Dressel, Elisabeth: Familienbuch Hirschfeld (Kreis Zwickau/Sachsen) ca. 1530 bis ca. 1870. Personen und Familien in Hirschfeld und Wolfersgrün sowie Amtshandlungen Auswärtiger in den Hirschfelder Kirchenbüchern. Teil 1 (A-L). Teil 2 (M-Z). Jena 2001. 4575 Familien, 1161 Seiten. 20,5 x 14,5 cm. Broschur (= Mitteldeutsche Ortsfamilienbücher der AMF 7).

Erneut erfährt die von der AMF herausgegebene Reihe mit diesem siebten Buch eine deutliche qualitative Steigerung. Das ist ein echtes Ortsfamilienbuch, d. h. die Familien und Personen sind miteinander verknüpft, das Schriftbild der Seiten ist sehr gut lesbar und übersichtlich. Bei der Dateneingabe und –kontrolle handelt es sich um eine bewunderungswürdige und eindrucksvolle Fleißarbeit von Frau Dressel in Hamburg, denn „Hirschfeld“ übertrifft schon in der Anzahl der Familien alles, was bisher in Mitteldeutschland an vergleichbaren Arbeiten zum Druck gebracht worden ist.

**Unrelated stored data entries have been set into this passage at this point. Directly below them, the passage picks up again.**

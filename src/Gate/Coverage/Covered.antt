-- ===== src/Gate/Coverage/Covered.antt =====
-- What a file with no error among its findings was measured for.
use backstop_core.Prelude.{
  ℕ, ◌*◌, ◌≤◌, ◌<◌, ◌%◌, ◌^◌, ltb→lt, String, Bool, true, false, List, [], ◌∷◌, Option, none, some,
  ◌≡◌, ◌≢◌, refl, sym, ap, ◌∙◌, subst, arith, ◌⊎◌, inl, inr, In, Bool-cases, Option-cases, any,
  lookup, map, ◌==◌, eq_iff, eqb, ltb, if_true, if_false,
}
use backstop_core.Gate.Scope.{GateScope}
use backstop_core.Gate.StatusDrift.{is_error}
use backstop_core.Gate.Violation.{Violation}
use backstop_core.Gate.Coverage.{
  CoverageRecord, Metrics, Index, resolve_coverage_records_for_path, sorted_coverage_metrics,
  coverage_path_in_diff_scope,
}
use backstop_core.Gate.Coverage.Thresholds.{Selection, coverage_threshold_for_metric}
use backstop_core.Gate.Coverage.Judge.{
  int_ltb, coverage_below_threshold, judge_record, judge_metric, judge_metrics, judge_file,
  judge_files, missing_metrics, if_missing, unmeasured,
}
use backstop_core.Gate.Coverage.Sets.{In-sort_strings, any_append}

abbrev pub Quiet : List Violation → Type 0
Quiet violations = any is_error violations ≡ false

-- A product of the comparison is not an `int`, as it is too when a count is negative.
abbrev pub Overflows : ℕ → CoverageRecord → Type 0
Overflows threshold r = (2 ^ 63 ≤ r.covered * 100) ⊎ (2 ^ 63 ≤ r.total * threshold)

-- A record that is excluded, or measured with nothing to cover, or has no threshold, or covers what
-- its threshold asks, or whose comparison is not one of numbers.
abbrev pub Accepted : ℕ → CoverageRecord → Type 0
Accepted threshold r =
    (r.excluded ≡ true)
    ⊎ (((r.total ≡ 0) × (r.measured ≡ true))
        ⊎ ((threshold ≡ 0) ⊎ (Overflows threshold r ⊎ (r.total * threshold ≤ r.covered * 100))))

abbrev pub AllMeasured : Metrics → Type 0
AllMeasured metrics =
    (metric : String) (r : CoverageRecord) → lookup metric metrics ≡ some r → r.measured ≡ true

int_ltb-small : (a b : ℕ) → a < 2 ^ 63 → b < 2 ^ 63 → int_ltb (a % 2 ^ 64) (b % 2 ^ 64) ≡ ltb a b
unfolding int_ltb
int_ltb-small a b h k = ground arith

ge_of_not_ltb : (a b : ℕ) → ltb a b ≡ false → b ≤ a
ge_of_not_ltb a b h = ground arith

-- A comparison of numbers that is not below.
not_below :
    (threshold : ℕ) (r : CoverageRecord)
    → coverage_below_threshold r.covered r.total threshold ≡ false
    → Overflows threshold r ⊎ (r.total * threshold ≤ r.covered * 100)
unfolding coverage_below_threshold
not_below threshold r b = elim (Bool-cases (ltb (r.covered * 100) (2 ^ 63))) [
  | inr o ↦ inl (inl (ground arith))
  | inl c ↦ elim (Bool-cases (ltb (r.total * threshold) (2 ^ 63))) [
    | inr o ↦ inl (inr (ground arith))
    | inl t ↦ inr (
        ge_of_not_ltb (r.covered * 100) (r.total * threshold) (
          sym (int_ltb-small (r.covered * 100) (r.total * threshold) (ltb→lt _ _ c) (ltb→lt _ _ t))
          ∙ b))
  ]
]

-- A file with records, all of them accepted, and a record for each declared metric.
abbrev pub Covered : Selection → Bool → List String → Metrics → Type 0
Covered thresholds changed declared metrics =
    ((metric : String) → changed ≡ true → In metric declared → lookup metric metrics ≢ none)
    × ((metric : String) (r : CoverageRecord)
        → lookup metric metrics ≡ some r
        → Accepted (coverage_threshold_for_metric thresholds metric) r)

In-keys :
    (metric : String) (metrics : Metrics) (r : CoverageRecord)
    → lookup metric metrics ≡ some r
    → In metric (map (λ e. e.0) metrics)
unfolding lookup
In-keys metric [] r h = absurd (cc)
In-keys metric ((j, w) ∷ metrics) r h = elim (Bool-cases (j == metric)) [
  | inl e ↦ inl ((eq_iff j metric).0 e)
  | inr e ↦ inr (In-keys metric metrics r (sym (if_false _ _ e) ∙ h))
]

module _ (quote : String → String) (root : String) where
  judge_record-Accepted :
      (path : String) (changed : Bool) (threshold : ℕ) (r : CoverageRecord)
      → r.measured ≡ true
      → Quiet (judge_record quote root path changed threshold r)
      → Accepted threshold r
  unfolding judge_record any
  judge_record-Accepted path changed threshold r seen h = elim (Bool-cases r.excluded) [
    | inl e ↦ inl e
    | inr e ↦ elim (Bool-cases (eqb r.total 0)) [
      | inl z ↦ inr (inl (ground arith, seen))
      | inr z ↦ elim (Bool-cases (eqb threshold 0)) [
        | inl t ↦ inr (inr (inl (ground arith)))
        | inr t ↦ elim (Bool-cases (coverage_below_threshold r.covered r.total threshold)) [
          | inr b ↦ inr (inr (inr (not_below threshold r b)))
          | inl b ↦ absurd (cc (rw (e, z, t, b) at h))
        ]
      ]
    ]
  ]

  missing_metrics-none :
      (path : String) (metrics : Metrics) (declared : List String)
      → Quiet (missing_metrics quote root path metrics declared)
      → (metric : String) → In metric declared
      → lookup metric metrics ≢ none
  unfolding missing_metrics any
  missing_metrics-none path metrics [] h metric i = absurd i
  missing_metrics-none path metrics (m ∷ declared) h metric i =
      elim (Option-cases (lookup m metrics)) [
        | inl n ↦ absurd (
            cc (
              subst
                (λ o. Quiet (
                  if_missing quote root path m o
                    (missing_metrics quote root path metrics declared)))
                n h))
        | inr (r, q) ↦ elim i [
          | inl e ↦ λ n. absurd (cc (sym q ∙ ap (λ x. lookup x metrics) e ∙ n))
          | inr j ↦
              missing_metrics-none path metrics declared
                (subst
                  (λ o. Quiet (
                    if_missing quote root path m o
                      (missing_metrics quote root path metrics declared)))
                  q h)
                metric j
        ]
      ]

  unmeasured-Loud : (path : String) → Quiet (unmeasured quote root path ∷ []) → ⊥
  unfolding any
  unmeasured-Loud path h = absurd (cc)

  module _ (thresholds : Selection) where
    judge_metrics-Accepted :
        (path : String) (changed : Bool) (metrics : Metrics) (names : List String)
        → AllMeasured metrics
        → Quiet (judge_metrics quote root thresholds path changed metrics names)
        → (metric : String) (r : CoverageRecord) → In metric names
        → lookup metric metrics ≡ some r
        → Accepted (coverage_threshold_for_metric thresholds metric) r
    unfolding judge_metrics
    judge_metrics-Accepted path changed metrics [] seen h metric r i q = absurd i
    judge_metrics-Accepted path changed metrics (m ∷ names) seen h metric r i q =
        let (here, rest) = any_append is_error _ _ h in
        elim i [
          | inr j ↦ judge_metrics-Accepted path changed metrics names seen rest metric r j q
          | inl e ↦
              judge_record-Accepted path changed (coverage_threshold_for_metric thresholds metric) r
                (seen metric r q)
                (subst
                  (λ o. Quiet (
                    judge_metric quote root path changed
                      (coverage_threshold_for_metric thresholds metric) o))
                  q
                  (subst
                    (λ x. Quiet (
                      judge_metric quote root path changed
                        (coverage_threshold_for_metric thresholds x) (lookup x metrics)))
                    e here))
        ]

    judge_file-Covered :
        (path : String) (changed : Bool) (declared : List String) (o : Option Metrics)
        → ((metrics : Metrics) → o ≡ some metrics → AllMeasured metrics)
        → Quiet (judge_file quote root thresholds path changed declared o)
        → (metrics : Metrics) × (o ≡ some metrics) × Covered thresholds changed declared metrics
    judge_file-Covered path changed declared none seen h = absurd (unmeasured-Loud path h)
    judge_file-Covered path changed declared (some metrics) seen h =
        let (missing, judged) = any_append is_error _ _ h in
        (
          metrics,
          refl,
          (
            λ metric e i.
                missing_metrics-none path metrics declared
                  (sym (ap (any is_error) (if_true _ _ e)) ∙ missing) metric i,
            λ metric r q.
                judge_metrics-Accepted path changed metrics (sorted_coverage_metrics metrics)
                  (seen metrics refl) judged metric r
                  (In-sort_strings metric (map (λ e. e.0) metrics) (In-keys metric metrics r q)) q,
          ),
        )

    pub judge_files-Covered :
        (scope : Option GateScope) (declared : List String) (index : Index) (paths : List String)
        → Quiet (judge_files quote root thresholds scope declared index paths)
        → (path : String)
        → ((metrics : Metrics)
            → resolve_coverage_records_for_path index path ≡ some metrics
            → AllMeasured metrics)
        → In path paths
        → (metrics : Metrics) × (resolve_coverage_records_for_path index path ≡ some metrics)
          × Covered thresholds (coverage_path_in_diff_scope path scope) declared metrics
    unfolding judge_files
    judge_files-Covered scope declared index [] h path seen i = absurd i
    judge_files-Covered scope declared index (p ∷ paths) h path seen i =
        let (here, rest) = any_append is_error _ _ h in
        elim i [
          | inr j ↦ judge_files-Covered scope declared index paths rest path seen j
          | inl e ↦
              subst
                (λ x.
                  (metrics : Metrics) × (resolve_coverage_records_for_path index x ≡ some metrics)
                  × Covered thresholds (coverage_path_in_diff_scope x scope) declared metrics)
                e
                (judge_file-Covered p (coverage_path_in_diff_scope p scope) declared
                  (resolve_coverage_records_for_path index p)
                  (subst
                    (λ x.
                      (metrics : Metrics)
                      → resolve_coverage_records_for_path index x ≡ some metrics
                      → AllMeasured metrics)
                    (sym e) seen)
                  here)
        ]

Bei Hirschfeld und Wolfersgrün haben wir den seltenen Fall vor uns, daß unabhängig voneinander zwei sehr erfahrene Genealogen, Karl Lorenz und Johannes Gündel, die Daten der Kirchgemeinde familienweise zusammengestellt haben. Gündel mag dabei zwar in einer Spätphase seiner Arbeit festgestellt haben, daß Lorenz in seiner Kirchberg-Kartei auch schon Daten von Hirschfeld mit eingearbeitet hatte, aber dennoch hat Gündel noch einmal alles selbständig bearbeitet. Bei Zehntausenden von Daten gibt es zwischen den beiden familienweisen Verkartungen reichlich 300 Abweichungen. Das ist bei weit ins 16. Jh. zurückreichenden Daten eine Größenordnung, die nur noch durch die sorgfältige Einbeziehung der Daten in den Gerichtshandelsbüchern zu unterbieten oder zu korrigieren ist. Und auch diese ergänzende Arbeit hat Frau Dressel mit Unterstützung von Herrn Rudolf Bagehorn in Neumark für die problematischen Fälle noch geleistet. Da die familienweise Verkartung eine größere Arbeit ist als die Dateneingaben für die Druckfassung, wäre es eine Geste gegenüber denen gewesen, die vorangegangen sind, wenn Frau Dressel Lorenz und Gündel posthum als Mitverfasser eingesetzt hätte (So wie wir es in der Deutschen Zentralstelle für Genealogie beim Ortsfamilienbuch Schwarzbach mit Waldus Nestler gemacht haben.) Mit so einer Geste vergibt man sich nichts, aber es ist eine Ermessensfrage.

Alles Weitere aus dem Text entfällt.